Supplied material:

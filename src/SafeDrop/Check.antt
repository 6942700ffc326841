-- ===== src/SafeDrop/Check.antt =====
-- The walk over the paths of a function: `check`, `split_check` and `split_check_with_cond` of
-- safedrop/safedrop.rs. Each call counts a visit and returns at once beyond `visit_limit`, so the
-- recursion has that many levels and one more as its fuel.
pub mod Paths
use package.rapx_log.Prelude.{
  ℕ, zero, suc, ◌%◌, ◌^◌, ltb, ◌==◌, Bool, true, false, not, ◌&&◌, if◌then◌else◌, Option, none,
  some, List, [], ◌∷◌, ◌++◌, map, length, get, put, contains, insert, Outcome, ok, panic, stuck,
}
use package.rapx_log.Mir.{
  Place, Operand, copy, move, constant, Terminator, TerminatorKind, switch_int, SwitchTargets,
  TyCtxt,
}
use package.rapx_log.FnAlias.{FnMap}
use package.rapx_log.SafeDrop.Types.{should_check}
use package.rapx_log.SafeDrop.State.{
  BlockNode, ValueNode, usize_max, SafeDropGraph, M, ◌>>=◌, ◌>>◌, pure, skip, diverge, when, reads,
  modify, at, value_at, for_each,
}
use package.rapx_log.SafeDrop.Component.{
  all_targets, same_targets, switch_of, next_under, insert_all, Work, push_new, work_loop, leaving,
  walk_component,
}
use package.rapx_log.SafeDrop.Nodes.{projection}
use package.rapx_log.SafeDrop.CheckBugs.{dp_check}
use package.rapx_log.SafeDrop.Transfer.{alias_bb, alias_bbcall, drop_check}

abbrev pub visit_limit : ℕ
visit_limit = 1000

-- The effect of a block: its assignments, its calls and its drops.
abbrev pub block_effect : ℕ → TyCtxt → FnMap → ℕ → M (Unit {0})
block_effect fuel tcx fn_map bb =
    alias_bb fuel tcx bb >> (alias_bbcall fuel tcx fn_map bb >> drop_check fuel tcx bb)

-- Runs `m` on a copy of the state of the path.
unfoldable pub split : M (Unit {0}) → M (Unit {0})
split m g = elim (m g) [
  | ok (u, h) ↦ ok (
    tt,
    record h {
      values = g.values;
      constants = g.constants;
      alias_set = g.alias_set;
      dead_record = g.dead_record;
    },
  )
  | panic ↦ panic
  | stuck ↦ stuck
]

unfoldable pub split_check : (ℕ → M (Unit {0})) → ℕ → M (Unit {0})
unfolding split
split_check check bb_index = split (check bb_index)

unfoldable pub split_check_with_cond : (ℕ → M (Unit {0})) → ℕ → ℕ → ℕ → M (Unit {0})
unfolding split
split_check_with_cond check bb_index path_discr_id path_discr_val = split (
    modify (λ g. record g { constants = put g.constants path_discr_id path_discr_val })
    >> check bb_index)

abbrev pub leaf_check : TyCtxt → BlockNode → M (Unit {0})
leaf_check tcx cur_block =
    reads (λ g. ok g.def_id) >>= λ def_id. when (should_check tcx def_id) (dp_check cur_block)

-- The loop over the targets of the component's switch. A target from which no block leaves the
-- component ends the loop, with the state as it is then.
pub target_loop :
    (ℕ → M (Unit {0}))
    → ℕ
    → TyCtxt
    → FnMap
    → ℕ
    → ℕ
    → BlockNode
    → BlockNode
    → SwitchTargets
    → List ℕ
    → List ℕ
    → M (Unit {0})
unfolding alias_bb alias_bbcall drop_check for_each work_loop leaving
target_loop check fuel tcx fn_map bb init_index init_block cur_block cur_targets scc [] = skip
target_loop check fuel tcx fn_map bb init_index init_block cur_block cur_targets scc (e ∷ es) =
    let rest =
      target_loop check fuel tcx fn_map bb init_index init_block cur_block cur_targets scc es in
    reads (λ g. ok g) >>= λ backup.
    reads (λ g. walk_component g init_index init_block cur_targets scc bb e) >>= λ r.
    for_each (block_effect fuel tcx fn_map) r.0 >> elim r.1 [
      | [] ↦ leaf_check tcx cur_block
      | n ∷ ns ↦
          (for_each check (n ∷ ns)
            >> (modify (λ g. record g { values = backup.values; constants = backup.constants })
                >> rest))
    ]

-- How the paths go on behind a block with several successors.
pub data Choice : Type 0 where
  -- the only target that the known value of the switch leaves
  single : ℕ → Choice
  -- every target, with the value that it means for the discriminant
  per_value : ℕ → SwitchTargets → Choice
  -- every successor
  every : Choice

-- The value of an arm, a `u128`, `as usize`.
abbrev pub arm_value : ℕ → ℕ
arm_value n = n % 2 ^ 64

-- The target of a value: the first arm that has it, and else the default, as also for an arm whose
-- target is block 0.
abbrev pub target_of : SwitchTargets → ℕ → ℕ
target_of t val = by_arm (get (map (λ (arm : ℕ × ℕ). (arm_value arm.0, arm.1)) t.targets) val)
  where
    by_arm : Option ℕ → ℕ
    by_arm (some target) = if target == 0 then t.otherwise else target
    by_arm none = t.otherwise

pub choose : TyCtxt → BlockNode → M Choice
unfolding projection
choose tcx cur_block = by_switch cur_block.switch_stmts cur_block.scc_sub_blocks
  where
    by_place : SwitchTargets → ℕ → ValueNode → Option ℕ → Choice
    by_place targets place v (some val) = single (target_of targets val)
    by_place targets place v none =
        if not (v.index == place) then per_value v.index targets else every

    on_place : Place → SwitchTargets → M Choice
    on_place p targets = do
      place ← projection tcx false p
      v ← value_at place
      known ← reads (λ g. ok (get g.constants v.index))
      pure (by_place targets place v known)

    by_operand : Operand → SwitchTargets → M Choice
    by_operand (constant c) targets = pure (single (target_of targets (value c.target_usize)))
      where
        value : Option ℕ → ℕ
        value (some n) = n
        value none = 0
    by_operand (copy p) targets = on_place p targets
    by_operand (move p) targets = on_place p targets

    by_kind : TerminatorKind → M Choice
    by_kind (switch_int discr targets) = by_operand discr targets
    by_kind _ = pure every

    by_switch : List Terminator → List ℕ → M Choice
    by_switch (t ∷ _) [] = by_kind t.kind
    by_switch _ _ = pure every

-- Unless the limit is passed.
abbrev within_limit : M (Unit {0}) → M (Unit {0})
within_limit m = reads (λ g. ok g.visit_times) >>= λ n. when (not (ltb visit_limit n)) m

abbrev pub go_on : (ℕ → M (Unit {0})) → List ℕ → Choice → M (Unit {0})
go_on check nexts (single target) = check target
go_on check nexts (per_value id targets) =
    for_each
      (λ (arm : ℕ × ℕ). within_limit (split_check_with_cond check arm.1 id (arm_value arm.0)))
      targets.targets
    >> split_check_with_cond check targets.otherwise id usize_max
go_on check nexts every = for_each (λ n. within_limit (split_check check n)) nexts

-- What follows the effect of the block itself, where its component has no single switch.
pub follow : (ℕ → M (Unit {0})) → ℕ → TyCtxt → FnMap → BlockNode → M (Unit {0})
unfolding alias_bb alias_bbcall drop_check for_each choose split_check split_check_with_cond
follow check fuel tcx fn_map cur_block =
    for_each (block_effect fuel tcx fn_map) cur_block.scc_sub_blocks >> elim cur_block.next [
      | [] ↦ leaf_check tcx cur_block
      | n ∷ [] ↦ check n
      | n ∷ m ∷ ns ↦ (choose tcx cur_block >>= λ c. go_on check (n ∷ m ∷ ns) c)
    ]

unfoldable pub check : ℕ → ℕ → TyCtxt → FnMap → ℕ → M (Unit {0})
unfolding target_loop follow
check zero fuel tcx fn_map bb_index = diverge
check (suc visits) fuel tcx fn_map bb_index =
    modify (λ g. record g { visit_times = suc g.visit_times })
    >> within_limit (do
      scc ← reads (λ g. at g.scc_indices bb_index)
      cur_block ← reads (λ g. at g.blocks scc)
      block_effect fuel tcx fn_map scc
      child ← reads (λ g. ok (get g.child_scc scc))
      elim child [
        | some (init_block, cur_targets, scc_block_set) ↦
            target_loop (check visits fuel tcx fn_map) fuel tcx fn_map bb_index scc init_block
              cur_block cur_targets scc_block_set (all_targets cur_targets)
        | none ↦ follow (check visits fuel tcx fn_map) fuel tcx fn_map cur_block
      ])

Task statement: Your answer should consist only of the lines above between the line holding "-- every successor" and the line holding "abbrev pub target_of : SwitchTargets → ℕ → ℕ", inclusive, each transcribed exactly.

Response for this exercise:
  -- every successor
  every : Choice

-- The value of an arm, a `u128`, `as usize`.
abbrev pub arm_value : ℕ → ℕ
arm_value n = n % 2 ^ 64

-- The target of a value: the first arm that has it, and else the default, as also for an arm whose
-- target is block 0.
abbrev pub target_of : SwitchTargets → ℕ → ℕ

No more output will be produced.